Brown recorded four goals and one assist in the first round against the first-seeded Vancouver Canucks, including two shorthanded goals in a 4–2 Game 2 win. Brown is the first and only player as of 2022 with two shorthanded goals in a playoff game. In Game 3, he delivered a devastating open-ice check to Canucks captain Henrik Sedin directly in front of the Canucks' bench. The hit left Sedin dazed on the ice for several seconds. Brown later scored the game-winning goal in the third period. Many observers, including TSN's Bob McKenzie and Sports Illustrated''' Michael Farber, called the hit the decisive moment in the series. The Kings upset the heavily favored Canucks in five games, and then recorded the first sweep in franchise history over the St. Louis Blues. Brown registered two goals and four assists in the series. Both of his goals came in the decisive Game 4, a 3–1 Kings victory.

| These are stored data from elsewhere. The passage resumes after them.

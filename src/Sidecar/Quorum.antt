-- ===== src/Sidecar/Quorum.antt =====
-- The scenarios that look at all online nodes: the follower that is lost, and the majority that is
-- paused.
use raft_implementation.Prelude.{
  ℕ, ◌≡◌, refl, sym, ◌∙◌, true, false, arith, String, Bool, Option, none, some, List, [], ◌∷◌, ◌++◌,
  map, str_eq, if◌then◌else◌, if-elim, string_eq, ltb, length, take, All, any, ◌||◌,
}
use raft_implementation.Sidecar.Registry.{NodeDef, RaftStatus, Sidecar, is_paused}
use raft_implementation.Sidecar.Docker.{Environment}
use raft_implementation.Sidecar.Lifecycle.{pause_node, unpause_node}
use raft_implementation.Sidecar.Pauses.{
  SameControl, SameControl-trans, is_paused-same, IsSwitched, pause_node-IsSwitched,
  unpause_node-IsSwitched,
}
use raft_implementation.Sidecar.Restores.{
  IsSearch, IsSearch-SameControl, IsRestored, find_leader-IsSearch, cycle-IsRestored,
  with_found-IsRestored, isolate_leader-IsRestored, leader_churn-IsRestored, ask-SameControl,
  IsFree, ask-IsFree,
}
use raft_implementation.Sidecar.Scenarios.{
  ask, find_leader, online_nodes, add_answer, first_follower, lose_node, lose_follower,
  isolate_leader, leader_churn, to_pause, restore_all, or_restore, pause_all, quorum_loss,
  unless_failed,
}

paused_still :
    (here there p : Bool)
    → (there || (if here then true else p)) ≡ ((if here then true else there) || p)
paused_still here there p = ground arith

module _ {W : Type 0} (env : Environment W) where
  -- The nodes that answered are not paused.
  abbrev IsOnline : Sidecar W → Sidecar W × List (NodeDef × RaftStatus) → Type 0
  IsOnline s (s', online) = SameControl s s' × All (λ x. is_paused x.0.id s ≡ false) online

  unpaused_at :
      (s s' : Sidecar W) (online : List (NodeDef × RaftStatus))
      → SameControl s s'
      → All (λ x. is_paused x.0.id s' ≡ false) online
      → All (λ x. is_paused x.0.id s ≡ false) online
  unpaused_at s s' [] same h = tt
  unpaused_at s s' (x ∷ xs) same h =
      (sym (is_paused-same s s' x.0.id same) ∙ h.0, unpaused_at s s' xs same h.1)

  add_answer-IsOnline :
      (s s₁ : Sidecar W) (n : NodeDef) (st : Option RaftStatus)
      (x : Sidecar W × List (NodeDef × RaftStatus))
      → IsFree env n s st
      → SameControl s s₁
      → IsOnline s₁ x
      → IsOnline s (add_answer env n st x)
  add_answer-IsOnline s s₁ n none (s₂, online) free same h =
      (SameControl-trans s s₁ s₂ same h.0, unpaused_at s s₁ online same h.1)
  add_answer-IsOnline s s₁ n (some st) (s₂, online) free same h =
      (SameControl-trans s s₁ s₂ same h.0, (free, unpaused_at s s₁ online same h.1))

  online_nodes-IsOnline : (ns : List NodeDef) (s : Sidecar W) → IsOnline s (online_nodes env ns s)
  unfolding online_nodes
  online_nodes-IsOnline [] s = ((refl, refl), tt)
  online_nodes-IsOnline (n ∷ ns) s =
      let x = ask env (λ id. false) n s in
      add_answer-IsOnline s x.0 n x.1 (online_nodes env ns x.0) (ask-IsFree env (λ id. false) n s)
        (ask-SameControl env (λ id. false) n s) (online_nodes-IsOnline ns x.0)

  first_follower-IsSearch :
      (s s' : Sidecar W) (online : List (NodeDef × RaftStatus))
      → IsOnline s (s', online)
      → IsSearch env s (s', first_follower env online)
  unfolding first_follower
  first_follower-IsSearch s s' [] h = h.0
  first_follower-IsSearch s s' ((n, st) ∷ online) h =
      if-elim (λ found. IsSearch env s (s', found)) (str_eq st.state "follower") (some n)
        (first_follower env online) (λ e. (h.0, h.1.0))
        (λ e. first_follower-IsSearch s s' online (h.0, h.1.1))

  lose_node-IsRestored :
      (all : List NodeDef) (node : NodeDef) (s : Sidecar W)
      → is_paused node.id s ≡ false
      → IsRestored env s (lose_node env all node s)
  unfolding lose_node
  lose_node-IsRestored all node s free =
      let x₁ = pause_node env node s in
      let found = find_leader env (λ id. str_eq id node.id) all x₁.0 in
      cycle-IsRestored env _ _ _ node s found.0 found.1 x₁ (unpause_node env node found.0) free
        (pause_node-IsSwitched env node s)
        (IsSearch-SameControl env x₁.0 found (find_leader-IsSearch env _ all x₁.0))
        (unpause_node-IsSwitched env node found.0)

  pub lose_follower-IsRestored : (s : Sidecar W) → IsRestored env s (lose_follower env s)
  unfolding lose_follower
  lose_follower-IsRestored s =
      let x = online_nodes env s.nodes s in
      with_found-IsRestored env _ s (x.0, first_follower env x.1) _
        (first_follower-IsSearch s x.0 x.1 (online_nodes-IsOnline s.nodes s))
        (λ n s' free.
          if-elim (IsRestored env s') (ltb (length x.1) 2) _ _ (λ h. refl)
            (λ h. lose_node-IsRestored s.nodes n s' free))

  unpause_node-nodes :
      (n : NodeDef) (s : Sidecar W) (x : Sidecar W × Option String)
      → IsSwitched env false n s x
      → x.0.nodes ≡ s.nodes
  unpause_node-nodes n s (s', none) h = h.0
  unpause_node-nodes n s (s', some e) h = h.0

  restore_all-nodes : (ns : List NodeDef) (s : Sidecar W) → (restore_all env ns s).nodes ≡ s.nodes
  unfolding restore_all
  restore_all-nodes [] s = refl
  restore_all-nodes (n ∷ ns) s =
      restore_all-nodes ns (unpause_node env n s).0
      ∙ unpause_node-nodes n s (unpause_node env n s) (unpause_node-IsSwitched env n s)

  -- After a loop that pauses all of its nodes, they are paused, and what was paused before.
  abbrev pub IsPaused : List NodeDef → Sidecar W → Sidecar W × Option String → Type 0
  IsPaused ns s (s', none) =
      (s'.nodes ≡ s.nodes)
      × ((j : String) → is_paused j s' ≡ (any (λ n. str_eq n.id j) ns || is_paused j s))
  IsPaused ns s (s', some err) = s'.nodes ≡ s.nodes

  or_restore-IsPaused :
      (done : List NodeDef) (n : NodeDef) (ns : List NodeDef) (s : Sidecar W)
      (x rest : Sidecar W × Option String)
      → IsSwitched env true n s x
      → IsPaused ns x.0 rest
      → IsPaused (n ∷ ns) s (or_restore env done n x rest)
  or_restore-IsPaused done n ns s (s', some e) rest h k = restore_all-nodes done s' ∙ h.0
  or_restore-IsPaused done n ns s (s', none) (s'', some e) h k = k ∙ h.0
  or_restore-IsPaused done n ns s (s', none) (s'', none) h k = (
    k.0 ∙ h.0,
    λ j.
        k.1 j
        ∙ rw (h.1 j) (paused_still (str_eq n.id j) (any (λ m. str_eq m.id j) ns) (is_paused j s)),
  )

  pause_all-IsPaused :
      (done ns : List NodeDef) (s : Sidecar W) → IsPaused ns s (pause_all env done ns s)
  unfolding pause_all
  pause_all-IsPaused done [] s = (refl, λ j. refl)
  pause_all-IsPaused done (n ∷ ns) s =
      let x = pause_node env n s in
      or_restore-IsPaused done n ns s x _ (pause_node-IsSwitched env n s)
        (pause_all-IsPaused (done ++ n ∷ []) ns x.0)

  unless_failed-nodes :
      (s : Sidecar W) (ns : List NodeDef) (x : Sidecar W × Option String)
      → IsPaused ns s x
      → (unless_failed env "" x (restore_all env ns x.0, none)).0.nodes ≡ s.nodes
  unless_failed-nodes s ns (s', none) h = restore_all-nodes ns s' ∙ h.0
  unless_failed-nodes s ns (s', some e) h = h

  pub quorum_loss-nodes : (s : Sidecar W) → (quorum_loss env s).0.nodes ≡ s.nodes
  unfolding quorum_loss
  quorum_loss-nodes s =
      let x = online_nodes env s.nodes s in
      let online = map (λ y. y.0) x.1 in
      let victims = take (to_pause (length online)) online in
      let same = (online_nodes-IsOnline s.nodes s).0.0 in
      if-elim {A = Sidecar W × Option String} (λ y. y.0.nodes ≡ s.nodes) (ltb (length online) 3) _ _
        (λ h. same)
        (λ h. unless_failed-nodes x.0 victims _ (pause_all-IsPaused [] victims x.0) ∙ same)

  -- Each of the three scenarios that pause one node at a time leaves the registry as it was; and
  -- if it passes, the pause flag of every node is what it was before, whatever docker and the
  -- nodes answer.
  pub scenarios-IsRestored :
      (rounds : ℕ) (s : Sidecar W)
      → IsRestored env s (isolate_leader env rounds s)
        × IsRestored env s (lose_follower env s)
        × IsRestored env s (leader_churn env rounds s)
  scenarios-IsRestored rounds s = (
    isolate_leader-IsRestored env rounds s,
    lose_follower-IsRestored s,
    leader_churn-IsRestored env rounds s,
  )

The Kings then beat the Phoenix Coyotes in five games in the Western Conference Finals. Brown scored the game-winning goal in Game 1 of that series and did not score again until Game 6 of the 2012 Stanley Cup Final against the New Jersey Devils, although he did manage five assists in that span. After being benched for the final minutes of a Game 5 loss, Brown produced three points in Game 6 to secure the Kings' first-ever Stanley Cup. He scored the first of three goals on a five-minute power play, and shortly afterwards, fired a shot that Jeff Carter deflected into the net for the eventual Cup-winning goal. Later, he assisted on another Carter goal. The Kings defeated the Devils 6–1, making Brown the second American-born captain to lead a team to a Stanley Cup championship and the Kings the second California-based team to win the Stanley Cup. With 8 goals and 12 assists in 20 games, Brown tied teammate Anže Kopitar for the lead in overall playoff point total.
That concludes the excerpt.